Range to output from the entries below: the line containing "rounds % 2 ^ 32) ∷ []))" through the line containing "let pull = halve". Set it down exactly, ends included, nothing else.

◆ ◆ ◆ ◆ ◆ ◆ ◆

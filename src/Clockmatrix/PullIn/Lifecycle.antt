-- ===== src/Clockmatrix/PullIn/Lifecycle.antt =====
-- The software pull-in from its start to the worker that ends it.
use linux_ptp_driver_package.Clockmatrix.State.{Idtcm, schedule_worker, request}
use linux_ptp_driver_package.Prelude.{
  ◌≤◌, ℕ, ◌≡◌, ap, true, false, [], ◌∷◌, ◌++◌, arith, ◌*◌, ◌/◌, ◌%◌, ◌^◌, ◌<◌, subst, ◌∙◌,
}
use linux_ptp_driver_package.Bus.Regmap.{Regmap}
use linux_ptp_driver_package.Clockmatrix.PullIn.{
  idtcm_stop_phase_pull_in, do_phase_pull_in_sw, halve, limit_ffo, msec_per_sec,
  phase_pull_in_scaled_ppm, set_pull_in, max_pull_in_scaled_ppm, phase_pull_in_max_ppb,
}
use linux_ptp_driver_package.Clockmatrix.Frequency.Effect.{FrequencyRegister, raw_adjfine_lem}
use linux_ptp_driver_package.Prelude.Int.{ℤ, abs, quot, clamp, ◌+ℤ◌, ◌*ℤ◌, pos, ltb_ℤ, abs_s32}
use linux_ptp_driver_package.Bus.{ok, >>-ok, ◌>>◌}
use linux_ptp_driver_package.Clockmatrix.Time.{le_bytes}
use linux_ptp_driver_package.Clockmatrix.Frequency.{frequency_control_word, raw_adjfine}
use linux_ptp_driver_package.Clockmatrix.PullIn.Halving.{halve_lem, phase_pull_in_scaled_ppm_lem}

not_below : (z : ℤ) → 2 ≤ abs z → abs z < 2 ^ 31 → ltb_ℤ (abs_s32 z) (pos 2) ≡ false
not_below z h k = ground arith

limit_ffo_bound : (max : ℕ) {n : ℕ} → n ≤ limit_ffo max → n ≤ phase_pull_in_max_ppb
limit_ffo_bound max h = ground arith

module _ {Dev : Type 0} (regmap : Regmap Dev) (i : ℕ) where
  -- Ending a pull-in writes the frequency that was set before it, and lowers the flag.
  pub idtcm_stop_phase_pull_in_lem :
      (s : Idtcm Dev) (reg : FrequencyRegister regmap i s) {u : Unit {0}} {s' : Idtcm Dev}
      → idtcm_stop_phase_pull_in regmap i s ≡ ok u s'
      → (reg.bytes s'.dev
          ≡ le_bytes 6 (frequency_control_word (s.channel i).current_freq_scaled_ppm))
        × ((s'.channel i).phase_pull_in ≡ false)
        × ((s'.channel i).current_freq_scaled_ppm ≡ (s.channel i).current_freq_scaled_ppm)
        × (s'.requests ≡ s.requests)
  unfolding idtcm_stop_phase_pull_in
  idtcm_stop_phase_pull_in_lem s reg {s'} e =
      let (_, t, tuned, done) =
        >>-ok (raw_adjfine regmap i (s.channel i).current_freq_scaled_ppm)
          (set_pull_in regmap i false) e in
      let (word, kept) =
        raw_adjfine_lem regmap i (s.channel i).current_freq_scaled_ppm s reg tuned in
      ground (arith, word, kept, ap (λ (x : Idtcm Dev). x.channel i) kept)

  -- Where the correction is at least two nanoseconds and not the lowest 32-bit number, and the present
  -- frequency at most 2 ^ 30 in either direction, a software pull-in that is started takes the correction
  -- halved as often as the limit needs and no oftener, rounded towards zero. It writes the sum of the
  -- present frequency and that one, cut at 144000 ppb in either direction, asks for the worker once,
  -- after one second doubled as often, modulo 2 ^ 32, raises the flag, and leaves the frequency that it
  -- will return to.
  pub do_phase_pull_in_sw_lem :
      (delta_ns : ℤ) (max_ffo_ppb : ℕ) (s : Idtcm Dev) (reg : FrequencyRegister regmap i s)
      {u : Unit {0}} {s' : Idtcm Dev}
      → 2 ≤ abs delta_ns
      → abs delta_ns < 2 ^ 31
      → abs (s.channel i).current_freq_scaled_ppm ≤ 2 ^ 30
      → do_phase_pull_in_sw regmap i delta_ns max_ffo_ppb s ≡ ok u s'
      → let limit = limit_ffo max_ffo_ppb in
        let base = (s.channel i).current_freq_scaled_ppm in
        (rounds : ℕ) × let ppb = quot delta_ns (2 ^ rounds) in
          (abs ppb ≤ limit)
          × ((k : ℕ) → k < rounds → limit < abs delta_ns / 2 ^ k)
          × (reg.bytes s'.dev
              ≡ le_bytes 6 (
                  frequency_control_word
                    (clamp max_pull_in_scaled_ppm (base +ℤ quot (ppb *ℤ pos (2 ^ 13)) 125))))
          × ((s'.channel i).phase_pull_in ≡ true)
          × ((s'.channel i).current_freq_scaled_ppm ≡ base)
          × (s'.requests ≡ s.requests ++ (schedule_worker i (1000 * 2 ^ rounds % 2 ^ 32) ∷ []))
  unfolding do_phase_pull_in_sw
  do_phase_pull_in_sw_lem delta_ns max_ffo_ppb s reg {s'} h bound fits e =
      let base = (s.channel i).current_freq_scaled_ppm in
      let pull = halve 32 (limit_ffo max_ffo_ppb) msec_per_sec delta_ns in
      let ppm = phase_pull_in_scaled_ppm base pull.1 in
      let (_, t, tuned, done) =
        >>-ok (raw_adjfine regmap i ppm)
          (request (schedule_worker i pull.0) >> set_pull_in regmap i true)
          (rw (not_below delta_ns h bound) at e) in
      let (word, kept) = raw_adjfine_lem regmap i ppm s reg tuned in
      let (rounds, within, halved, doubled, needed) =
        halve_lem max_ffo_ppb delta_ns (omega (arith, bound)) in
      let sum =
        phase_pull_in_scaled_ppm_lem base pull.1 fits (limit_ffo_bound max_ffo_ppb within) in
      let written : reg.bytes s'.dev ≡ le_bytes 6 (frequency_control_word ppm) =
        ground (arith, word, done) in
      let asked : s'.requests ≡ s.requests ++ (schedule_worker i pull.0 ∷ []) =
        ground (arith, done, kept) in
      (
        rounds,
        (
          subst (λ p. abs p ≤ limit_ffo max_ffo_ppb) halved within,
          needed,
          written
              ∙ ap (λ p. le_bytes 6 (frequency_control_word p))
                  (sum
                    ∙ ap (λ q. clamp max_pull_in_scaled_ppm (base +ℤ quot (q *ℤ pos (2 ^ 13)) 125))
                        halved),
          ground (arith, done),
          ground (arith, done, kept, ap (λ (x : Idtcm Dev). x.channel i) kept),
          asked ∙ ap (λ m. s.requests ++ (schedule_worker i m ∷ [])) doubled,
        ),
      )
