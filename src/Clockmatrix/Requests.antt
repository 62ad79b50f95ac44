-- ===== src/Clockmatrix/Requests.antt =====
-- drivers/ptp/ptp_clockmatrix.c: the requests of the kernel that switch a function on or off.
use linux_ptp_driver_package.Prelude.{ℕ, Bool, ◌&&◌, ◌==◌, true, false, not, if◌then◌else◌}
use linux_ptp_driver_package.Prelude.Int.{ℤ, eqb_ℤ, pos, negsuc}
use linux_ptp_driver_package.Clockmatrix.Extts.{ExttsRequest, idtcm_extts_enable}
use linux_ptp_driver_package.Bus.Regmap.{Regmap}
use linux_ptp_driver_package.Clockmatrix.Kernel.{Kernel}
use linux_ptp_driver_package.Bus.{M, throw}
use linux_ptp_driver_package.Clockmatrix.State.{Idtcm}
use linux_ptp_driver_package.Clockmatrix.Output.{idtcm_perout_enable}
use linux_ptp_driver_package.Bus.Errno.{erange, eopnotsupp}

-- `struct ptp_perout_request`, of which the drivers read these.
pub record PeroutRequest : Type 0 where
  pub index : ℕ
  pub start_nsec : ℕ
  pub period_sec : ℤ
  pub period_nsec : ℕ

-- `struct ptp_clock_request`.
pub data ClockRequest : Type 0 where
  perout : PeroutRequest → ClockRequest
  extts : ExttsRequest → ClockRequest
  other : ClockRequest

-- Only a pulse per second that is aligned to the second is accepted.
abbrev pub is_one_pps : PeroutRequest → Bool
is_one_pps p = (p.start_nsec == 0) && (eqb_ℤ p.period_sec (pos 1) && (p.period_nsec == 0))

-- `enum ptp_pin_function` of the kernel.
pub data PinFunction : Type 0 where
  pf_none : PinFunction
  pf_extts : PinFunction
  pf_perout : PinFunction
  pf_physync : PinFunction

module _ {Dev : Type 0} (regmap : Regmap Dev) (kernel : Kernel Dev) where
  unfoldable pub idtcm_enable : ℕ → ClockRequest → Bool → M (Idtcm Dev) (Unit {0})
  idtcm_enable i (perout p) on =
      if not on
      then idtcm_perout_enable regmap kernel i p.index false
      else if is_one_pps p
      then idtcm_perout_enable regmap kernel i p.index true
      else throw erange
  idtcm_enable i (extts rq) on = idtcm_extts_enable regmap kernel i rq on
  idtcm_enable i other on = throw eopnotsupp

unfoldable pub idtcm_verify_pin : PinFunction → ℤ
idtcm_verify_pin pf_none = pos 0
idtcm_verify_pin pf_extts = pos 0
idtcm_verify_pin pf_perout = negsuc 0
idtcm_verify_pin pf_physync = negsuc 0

◆ ◆ ◆ ◆ ◆ ◆ ◆

▸ Reply to the exercise
          × (s'.requests ≡ s.requests ++ (schedule_worker i (1000 * 2 ^ rounds % 2 ^ 32) ∷ []))
  unfolding do_phase_pull_in_sw
  do_phase_pull_in_sw_lem delta_ns max_ffo_ppb s reg {s'} h bound fits e =
      let base = (s.channel i).current_freq_scaled_ppm in
      let pull = halve 32 (limit_ffo max_ffo_ppb) msec_per_sec delta_ns in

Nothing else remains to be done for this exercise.